No, Trump is not planning to gut the First Amendment

No, Trump is not planning to gut the First Amendment

Reince Priebus sat down with ABC’s Jonathan Karl this weekend for yet another interview and managed to send the liberal enclaves of the nation to their battle stations yet again. Much of the segment covered a variety of useful topics on foreign policy, tax cuts and the legislative agenda. Nothing too noteworthy there, really. But Karl had to sneak in one question which was sure to drive some clicks on their web site and it had to do with Fake News and whether or not the White House should be able to sue outlets like the New York Times for lousy coverage. Claiming that a change to libel laws would require a change to the First Amendment, Karl asked Priebus if that was something that was on the table. His answer wasn’t exactly crystal clear.

KARL: I want to ask you about two things the President has said on related issues. First of all, there was what he said about opening up the libel laws. Tweeting “the failing New York Times has disgraced the media world. Gotten me wrong for two solid years. Change the libel laws?” That would require, as I understand it, a constitutional amendment. Is he really going to pursue that? Is that something he wants to pursue?

PRIEBUS: I think it’s something that we’ve looked at. How that gets executed or whether that goes anywhere is a different story. But when you have articles out there that have no basis or fact and we’re sitting here on 24/7 cable companies writing stories about constant contacts with Russia and all these other matters—

KARL: So you think the President should be able to sue the New York Times for stories he doesn’t like?

PRIEBUS: Here’s what I think. I think that newspapers and news agencies need to be more responsible with how they report the news. I am so tired.

That was all it took for the Left to douse their own hair in lighter fluid and break out the matches. One of the leaders of that combustible pack was Josh Marshall at Talking Points Memo who dashed to the ramparts with a piece carrying the alarming title, Priebus: Trump Considering Amending or Abolishing 1st Amendment. What follows is a tantalizing example of reading what you want into an interview. (Emphasis in original)

Karl says, accurately, that that kind of clampdown on 1st Amendment rights would require amending the Constitution. Is that what Priebus means, Karl asks? Yes, it is, says Priebus.

Now one might respond to this saying, ‘Okay, technically that’s what he said. But he probably doesn’t actually mean it.’

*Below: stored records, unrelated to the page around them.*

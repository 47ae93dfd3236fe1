-- ===== src/Server/Lapse.antt =====
-- internal/server/server.go, the route /api/checkout/expire: a user gives back a password that has
-- lapsed.
use lab_gate.Prelude.{
  ◌≡◌, ◌≤◌, refl, ap, some-injective, ==_iff, Bool-cases, inl, inr, first-eq-some, fail, unique,
  other, nat_eq, arith, ℕ, ltb, Text, lower, Option, none, some, Bool, true, false, ◌&&◌, ◌==◌,
  text_eq, if◌then◌else◌, first, no_rows, io, Error, Result, ok, err,
}
use lab_gate.Store.{Machine, Credential, Db, live, machine}

-- The answer, or the generation that `Expire` is called for.
pub data Lapse : Type 0 where
  already_released held : Lapse
  not_yet : ℕ → Lapse
  expires : Text → Lapse
  faulty : Error → Lapse

-- machine_id=? AND LOWER(student_email)=? AND revoked_at IS NULL
abbrev pub is_own : Text → Text → Credential → Bool
is_own mid email c = c.machine_id == mid && lower c.email == lower email && live c

abbrev pub is_held : Result Machine → Lapse
is_held (ok m) = elim m.hold [ none ↦ already_released | some id ↦ held ]
is_held (err no_rows) = already_released
is_held (err e) = faulty e

-- Either query may fail.
abbrev pub lapse_of : Bool → ℕ → Text → Db → Option Credential → Lapse
lapse_of unheld now mid db none = is_held (if unheld then err io else machine mid db)
lapse_of unheld now mid db (some c) = if ltb now c.expires then not_yet c.expires else expires c.id

unfoldable pub lapse : Bool → Bool → ℕ → Text → Text → Db → Lapse
lapse unread unheld now mid email db =
    if unread
    then faulty io
    else lapse_of unheld now mid db (first (is_own mid email) db.credentials)

-- A generation whose password may be expired for a user.
pub record IsOwnLapsed (now : ℕ) (mid email : Text) (db : Db) (id : Text) : Type 0 where
  row : Credential
  is_row : first (is_own mid email) db.credentials ≡ some row
  named : row.id ≡ id
  on_machine : row.machine_id ≡ mid
  of_user : lower row.email ≡ lower email
  is_live : live row ≡ true
  over : row.expires ≤ now

abbrev asked : Lapse → Option Text
asked (expires id) = some id
asked l = none

held-asked : (r : Result Machine) → asked (is_held r) ≡ none
held-asked (ok m) =
    elim m.hold as (λ h. asked (elim h [ none ↦ already_released | some id ↦ held ]) ≡ none) [
      | none ↦ refl
      | some id ↦ refl
    ]
held-asked (err no_rows) = refl
held-asked (err (fail code message)) = refl
held-asked (err unique) = refl
held-asked (err io) = refl
held-asked (err (other message)) = refl

-- A password is expired for a user only if it is the user's own on that machine, is not revoked, and
-- its time is over.
pub expires-IsOwnLapsed :
    (unread unheld : Bool) (now : ℕ) (mid email : Text) (db : Db) (id : Text)
    → lapse unread unheld now mid email db ≡ expires id
    → IsOwnLapsed now mid email db id
unfolding lapse
expires-IsOwnLapsed true unheld now mid email db id h =
    let none_asked : none ≡ some id = ap asked h in cc
expires-IsOwnLapsed false unheld now mid email db id h =
    go (first (is_own mid email) db.credentials) refl h
  where
    early : ◌≡◌ {A = Option Text} none (some id) → ⊥
    early x = cc

    go :
        (c : Option Credential)
        → first (is_own mid email) db.credentials ≡ c
        → lapse_of unheld now mid db c ≡ expires id
        → IsOwnLapsed now mid email db id
    go none e k =
        let none_asked : asked (lapse_of unheld now mid db none) ≡ some id = ap asked k in
        let nothing = held-asked (if unheld then err io else machine mid db) in
        cc (none_asked, nothing)
    go (some c) e k =
        let own = first-eq-some (is_own mid email) db.credentials {a = c} e in
        let same = ap asked k in
        elim (Bool-cases (ltb now c.expires)) [
          | inl later ↦ absurd (early (rw later at same))
          | inr over ↦ record {
            row = c;
            is_row = e;
            named = some-injective _ _ (rw over at same);
            on_machine = (==_iff _ _).0 (ground (arith, own));
            of_user = (==_iff _ _).0 (ground (arith, own));
            is_live = ground (arith, own);
            over = ground (arith, over);
          }
        ]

To which I think the answer is, sure maybe he doesn’t mean but why would anyone assume that? He said it and repeated it. The changes President Trump wants are blocked by decades of decades of jurisprudence which is little contested, unlike other hot button points of constitutional law. If you want what Trump wants, you have to amend the constitution – and not the constitution in general but the 1st Amendment specifically. Amending the 1st Amendment to allow the head of state to sue people who say things he doesn’t like amounts to abolishing it.

That’s just a classic case of reading the tea leaves in a muddled segment of a discussion and finding what you wanted to hear. First of all, just listening to Reince’s tone during that portion of the interview you could tell he was tired of the entire conversation and was tossing out a throwaway line. But the question Karl asks staggers a bit and takes in a couple of hypotheticals. He specifically asks the question of whether or not the President was serious about “changing the libel laws.” He follows that up with his own inserted supposition that it would require a constitutional amendment, something Trump didn’t mention in the tweet in question. Priebus, with the aforementioned exhausted tone in his voice says, “I think that’s something we’ve looked at.”

You think? And specifically what is it that you think you’ve looked at? The default answer, absent any further clarification from Priebus, was that they may have looked at changing the libel laws. Just for the record, Congress doesn’t require a constitutional amendment to change any laws. Granted, the change may be immediately challenged and subsequently shot down in the courts if it goes too far, but that doesn’t stop them from changing them initially. In fact, Reince’s next sentence goes on to say “how that gets executed or whether that goes anywhere” is up in the air. I’m pretty sure he knows how the Constitution is amended so it seems rather obvious that he was talking about the libel laws, not a constitutional amendment.

All of this leaves aside the fact that we’re talking about something so far off in fantasy land that neither Priebus nor Trump would be “seriously” talking about it anyway. (Which doesn’t preclude some early morning tweets on the subject, I’m sure.) Nobody is going to support gutting or eliminating the First Amendment. Suggesting that they are is just a sad form of hyperbole from the cheerleaders of a Democratic Party in disarray and flummoxed over what to do when fighting from the minority. I’m sure Josh can find plenty of other things that the President is actually doing or proposing to complain about until the cows come home. There’s no need to invent new bits of red meat out of thin air.